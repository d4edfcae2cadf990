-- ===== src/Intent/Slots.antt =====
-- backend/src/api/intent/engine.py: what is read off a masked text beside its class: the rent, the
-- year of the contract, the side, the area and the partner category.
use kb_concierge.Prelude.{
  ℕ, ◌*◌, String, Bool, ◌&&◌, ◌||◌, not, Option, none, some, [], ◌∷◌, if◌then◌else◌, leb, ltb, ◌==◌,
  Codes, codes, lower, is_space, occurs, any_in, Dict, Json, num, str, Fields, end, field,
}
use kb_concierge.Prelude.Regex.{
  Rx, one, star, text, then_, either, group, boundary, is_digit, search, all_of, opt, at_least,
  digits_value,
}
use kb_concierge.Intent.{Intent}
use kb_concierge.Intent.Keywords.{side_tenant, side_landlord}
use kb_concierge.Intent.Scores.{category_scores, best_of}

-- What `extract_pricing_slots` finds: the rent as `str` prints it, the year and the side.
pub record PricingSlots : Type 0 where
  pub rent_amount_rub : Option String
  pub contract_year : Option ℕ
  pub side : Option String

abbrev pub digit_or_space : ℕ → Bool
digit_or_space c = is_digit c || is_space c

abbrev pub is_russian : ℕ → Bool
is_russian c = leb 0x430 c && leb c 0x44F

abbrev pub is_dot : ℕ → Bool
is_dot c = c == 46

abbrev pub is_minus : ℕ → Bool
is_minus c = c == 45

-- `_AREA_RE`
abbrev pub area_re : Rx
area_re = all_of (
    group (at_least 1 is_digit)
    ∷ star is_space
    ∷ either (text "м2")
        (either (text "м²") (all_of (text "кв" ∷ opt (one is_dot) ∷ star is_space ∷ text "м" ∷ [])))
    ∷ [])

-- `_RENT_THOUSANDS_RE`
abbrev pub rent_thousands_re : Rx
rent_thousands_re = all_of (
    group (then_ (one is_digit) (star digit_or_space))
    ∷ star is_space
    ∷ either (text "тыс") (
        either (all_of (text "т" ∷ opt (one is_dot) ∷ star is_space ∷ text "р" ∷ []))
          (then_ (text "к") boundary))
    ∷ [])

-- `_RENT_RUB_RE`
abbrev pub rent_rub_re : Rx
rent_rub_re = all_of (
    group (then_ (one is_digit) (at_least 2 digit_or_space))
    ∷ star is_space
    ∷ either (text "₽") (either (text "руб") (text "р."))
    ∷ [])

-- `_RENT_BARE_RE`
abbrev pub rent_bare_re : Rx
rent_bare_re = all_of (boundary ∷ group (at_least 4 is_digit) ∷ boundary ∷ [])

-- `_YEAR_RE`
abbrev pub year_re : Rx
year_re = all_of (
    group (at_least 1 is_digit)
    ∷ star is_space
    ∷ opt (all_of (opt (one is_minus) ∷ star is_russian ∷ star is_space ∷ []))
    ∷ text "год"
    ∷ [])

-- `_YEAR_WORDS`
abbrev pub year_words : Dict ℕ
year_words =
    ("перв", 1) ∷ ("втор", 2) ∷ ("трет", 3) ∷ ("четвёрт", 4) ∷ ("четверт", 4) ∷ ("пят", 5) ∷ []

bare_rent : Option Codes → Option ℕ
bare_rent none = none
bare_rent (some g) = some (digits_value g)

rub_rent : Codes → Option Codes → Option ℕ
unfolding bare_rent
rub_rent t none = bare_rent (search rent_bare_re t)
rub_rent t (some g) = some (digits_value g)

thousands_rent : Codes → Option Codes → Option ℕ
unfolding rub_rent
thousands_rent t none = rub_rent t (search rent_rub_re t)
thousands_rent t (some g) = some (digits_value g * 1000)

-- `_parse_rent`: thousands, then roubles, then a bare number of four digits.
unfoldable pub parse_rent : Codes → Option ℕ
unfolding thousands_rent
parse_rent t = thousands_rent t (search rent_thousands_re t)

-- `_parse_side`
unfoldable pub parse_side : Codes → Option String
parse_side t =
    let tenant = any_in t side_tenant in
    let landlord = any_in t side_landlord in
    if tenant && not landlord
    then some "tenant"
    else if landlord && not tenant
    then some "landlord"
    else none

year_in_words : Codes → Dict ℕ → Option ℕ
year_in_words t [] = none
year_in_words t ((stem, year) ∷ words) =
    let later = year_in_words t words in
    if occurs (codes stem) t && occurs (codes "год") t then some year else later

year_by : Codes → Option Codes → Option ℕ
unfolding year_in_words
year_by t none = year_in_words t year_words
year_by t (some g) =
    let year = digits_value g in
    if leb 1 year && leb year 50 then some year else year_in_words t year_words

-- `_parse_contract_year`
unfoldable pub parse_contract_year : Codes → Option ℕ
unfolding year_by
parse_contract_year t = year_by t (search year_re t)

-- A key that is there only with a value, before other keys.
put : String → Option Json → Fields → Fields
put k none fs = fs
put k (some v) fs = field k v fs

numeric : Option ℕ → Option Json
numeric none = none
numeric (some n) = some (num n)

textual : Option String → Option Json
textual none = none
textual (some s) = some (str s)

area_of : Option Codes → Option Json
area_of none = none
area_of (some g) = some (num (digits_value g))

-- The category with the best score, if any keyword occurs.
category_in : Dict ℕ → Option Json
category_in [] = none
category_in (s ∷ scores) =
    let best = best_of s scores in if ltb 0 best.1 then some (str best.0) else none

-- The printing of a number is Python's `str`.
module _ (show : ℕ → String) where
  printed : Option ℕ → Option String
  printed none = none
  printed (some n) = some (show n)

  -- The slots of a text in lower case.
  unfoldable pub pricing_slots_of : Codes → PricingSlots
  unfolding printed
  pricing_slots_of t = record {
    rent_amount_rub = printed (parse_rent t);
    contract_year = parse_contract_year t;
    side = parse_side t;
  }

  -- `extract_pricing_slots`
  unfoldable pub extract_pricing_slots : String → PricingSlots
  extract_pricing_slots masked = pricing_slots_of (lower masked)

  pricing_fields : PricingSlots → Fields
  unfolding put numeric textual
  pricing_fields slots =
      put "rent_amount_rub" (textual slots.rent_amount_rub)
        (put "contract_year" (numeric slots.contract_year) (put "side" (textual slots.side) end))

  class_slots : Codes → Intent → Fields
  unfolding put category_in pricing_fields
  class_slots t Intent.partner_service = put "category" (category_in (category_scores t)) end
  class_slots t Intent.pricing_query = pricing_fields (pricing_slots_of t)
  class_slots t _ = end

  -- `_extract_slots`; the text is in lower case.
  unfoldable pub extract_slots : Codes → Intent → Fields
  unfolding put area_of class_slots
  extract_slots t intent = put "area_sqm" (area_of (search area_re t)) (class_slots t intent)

* * *

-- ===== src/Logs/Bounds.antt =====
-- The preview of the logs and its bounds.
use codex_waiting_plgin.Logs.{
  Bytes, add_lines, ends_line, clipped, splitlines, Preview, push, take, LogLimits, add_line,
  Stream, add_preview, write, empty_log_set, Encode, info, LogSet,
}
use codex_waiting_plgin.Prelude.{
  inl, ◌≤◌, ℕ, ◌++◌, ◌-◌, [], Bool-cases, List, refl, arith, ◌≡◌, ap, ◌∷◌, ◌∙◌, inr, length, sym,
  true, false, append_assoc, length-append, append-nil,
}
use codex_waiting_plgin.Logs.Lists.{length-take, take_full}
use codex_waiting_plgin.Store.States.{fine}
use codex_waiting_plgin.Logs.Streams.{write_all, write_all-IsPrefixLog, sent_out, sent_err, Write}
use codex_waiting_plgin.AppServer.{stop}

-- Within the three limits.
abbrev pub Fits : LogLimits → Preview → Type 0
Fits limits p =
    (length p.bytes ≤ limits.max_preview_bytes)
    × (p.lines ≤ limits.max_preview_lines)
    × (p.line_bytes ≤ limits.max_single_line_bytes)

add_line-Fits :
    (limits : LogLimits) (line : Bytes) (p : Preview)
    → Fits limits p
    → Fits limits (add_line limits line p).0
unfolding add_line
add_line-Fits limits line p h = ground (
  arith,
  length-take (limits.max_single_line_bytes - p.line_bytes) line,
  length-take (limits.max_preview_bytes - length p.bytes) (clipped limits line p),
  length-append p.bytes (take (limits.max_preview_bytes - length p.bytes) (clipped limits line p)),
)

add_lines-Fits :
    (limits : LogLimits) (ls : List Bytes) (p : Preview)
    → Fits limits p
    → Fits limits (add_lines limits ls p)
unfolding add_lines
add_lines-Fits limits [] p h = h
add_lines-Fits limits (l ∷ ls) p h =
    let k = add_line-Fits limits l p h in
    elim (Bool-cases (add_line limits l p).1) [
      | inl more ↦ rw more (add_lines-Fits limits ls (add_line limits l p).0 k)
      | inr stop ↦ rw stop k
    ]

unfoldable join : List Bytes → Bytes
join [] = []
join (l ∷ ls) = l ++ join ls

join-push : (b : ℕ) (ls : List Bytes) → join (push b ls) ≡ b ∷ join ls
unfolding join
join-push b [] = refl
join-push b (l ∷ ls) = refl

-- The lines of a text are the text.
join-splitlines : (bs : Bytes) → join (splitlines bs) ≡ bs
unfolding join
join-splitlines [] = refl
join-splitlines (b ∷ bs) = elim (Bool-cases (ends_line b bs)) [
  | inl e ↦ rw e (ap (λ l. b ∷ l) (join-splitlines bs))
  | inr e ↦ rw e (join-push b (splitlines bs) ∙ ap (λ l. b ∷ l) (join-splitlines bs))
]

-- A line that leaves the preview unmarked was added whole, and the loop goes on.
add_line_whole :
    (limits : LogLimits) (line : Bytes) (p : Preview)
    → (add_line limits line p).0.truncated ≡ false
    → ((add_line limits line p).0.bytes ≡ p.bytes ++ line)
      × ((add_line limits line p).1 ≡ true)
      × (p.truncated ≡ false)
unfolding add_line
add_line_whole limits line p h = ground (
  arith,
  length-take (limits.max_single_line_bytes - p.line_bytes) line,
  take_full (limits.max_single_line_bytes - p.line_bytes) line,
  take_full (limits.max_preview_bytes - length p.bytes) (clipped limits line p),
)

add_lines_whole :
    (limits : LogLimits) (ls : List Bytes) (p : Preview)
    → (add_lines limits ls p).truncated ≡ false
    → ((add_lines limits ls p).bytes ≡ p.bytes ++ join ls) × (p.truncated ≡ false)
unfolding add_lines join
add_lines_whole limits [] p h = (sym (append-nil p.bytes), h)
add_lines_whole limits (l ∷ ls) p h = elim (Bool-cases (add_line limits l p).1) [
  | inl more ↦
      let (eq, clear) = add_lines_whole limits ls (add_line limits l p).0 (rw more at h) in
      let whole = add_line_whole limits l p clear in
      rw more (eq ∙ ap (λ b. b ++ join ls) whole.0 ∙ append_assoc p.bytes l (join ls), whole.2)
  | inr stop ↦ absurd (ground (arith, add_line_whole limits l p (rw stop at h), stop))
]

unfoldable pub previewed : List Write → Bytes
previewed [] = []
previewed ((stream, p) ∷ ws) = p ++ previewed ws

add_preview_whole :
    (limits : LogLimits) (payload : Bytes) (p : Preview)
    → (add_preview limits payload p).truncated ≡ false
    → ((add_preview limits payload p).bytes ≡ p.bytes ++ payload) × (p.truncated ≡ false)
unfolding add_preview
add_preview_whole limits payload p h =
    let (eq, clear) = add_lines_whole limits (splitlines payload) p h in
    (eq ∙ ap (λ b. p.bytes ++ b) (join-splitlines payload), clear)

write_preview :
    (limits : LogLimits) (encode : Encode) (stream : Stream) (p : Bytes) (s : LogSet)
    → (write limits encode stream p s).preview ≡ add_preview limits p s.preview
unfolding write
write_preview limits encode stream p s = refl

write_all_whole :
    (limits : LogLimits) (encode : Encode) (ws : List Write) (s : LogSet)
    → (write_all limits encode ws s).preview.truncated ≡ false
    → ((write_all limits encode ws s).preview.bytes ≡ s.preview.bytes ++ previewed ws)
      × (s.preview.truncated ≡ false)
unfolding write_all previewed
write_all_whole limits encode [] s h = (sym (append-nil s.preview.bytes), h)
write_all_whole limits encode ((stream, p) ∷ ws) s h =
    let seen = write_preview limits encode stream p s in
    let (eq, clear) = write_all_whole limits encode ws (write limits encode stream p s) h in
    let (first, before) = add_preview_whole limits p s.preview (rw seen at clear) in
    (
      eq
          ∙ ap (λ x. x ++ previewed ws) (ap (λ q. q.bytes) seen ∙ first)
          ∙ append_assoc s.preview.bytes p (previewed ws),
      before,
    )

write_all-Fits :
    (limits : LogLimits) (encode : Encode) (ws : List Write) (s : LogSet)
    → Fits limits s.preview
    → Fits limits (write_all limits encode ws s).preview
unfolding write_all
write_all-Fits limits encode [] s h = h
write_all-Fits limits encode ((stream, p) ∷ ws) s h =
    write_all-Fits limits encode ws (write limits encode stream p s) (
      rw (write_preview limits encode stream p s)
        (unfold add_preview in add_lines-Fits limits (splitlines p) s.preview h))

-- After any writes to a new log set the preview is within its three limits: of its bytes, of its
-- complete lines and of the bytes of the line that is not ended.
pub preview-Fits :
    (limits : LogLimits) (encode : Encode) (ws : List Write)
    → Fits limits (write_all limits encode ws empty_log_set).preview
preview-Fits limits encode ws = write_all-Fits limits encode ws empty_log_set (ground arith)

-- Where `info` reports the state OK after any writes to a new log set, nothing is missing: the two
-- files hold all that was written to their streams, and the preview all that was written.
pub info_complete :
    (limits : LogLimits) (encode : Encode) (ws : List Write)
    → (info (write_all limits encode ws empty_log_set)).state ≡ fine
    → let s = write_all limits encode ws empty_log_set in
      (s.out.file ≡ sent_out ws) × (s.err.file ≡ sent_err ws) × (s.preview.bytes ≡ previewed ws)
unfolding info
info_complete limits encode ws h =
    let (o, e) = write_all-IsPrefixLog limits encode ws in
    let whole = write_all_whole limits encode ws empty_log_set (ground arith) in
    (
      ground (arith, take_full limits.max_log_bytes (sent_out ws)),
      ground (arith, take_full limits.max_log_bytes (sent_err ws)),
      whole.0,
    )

• **What is required**: Which lines run from the one holding "printed : Option ℕ → Option String" through the one holding "unfoldable pub extract_pricing_slots" in the records above? Repeat them exactly, both included, and nothing more.

• **Exercise answer**:
  printed : Option ℕ → Option String
  printed none = none
  printed (some n) = some (show n)

  -- The slots of a text in lower case.
  unfoldable pub pricing_slots_of : Codes → PricingSlots
  unfolding printed
  pricing_slots_of t = record {
    rent_amount_rub = printed (parse_rent t);
    contract_year = parse_contract_year t;
    side = parse_side t;
  }

  -- `extract_pricing_slots`
  unfoldable pub extract_pricing_slots : String → PricingSlots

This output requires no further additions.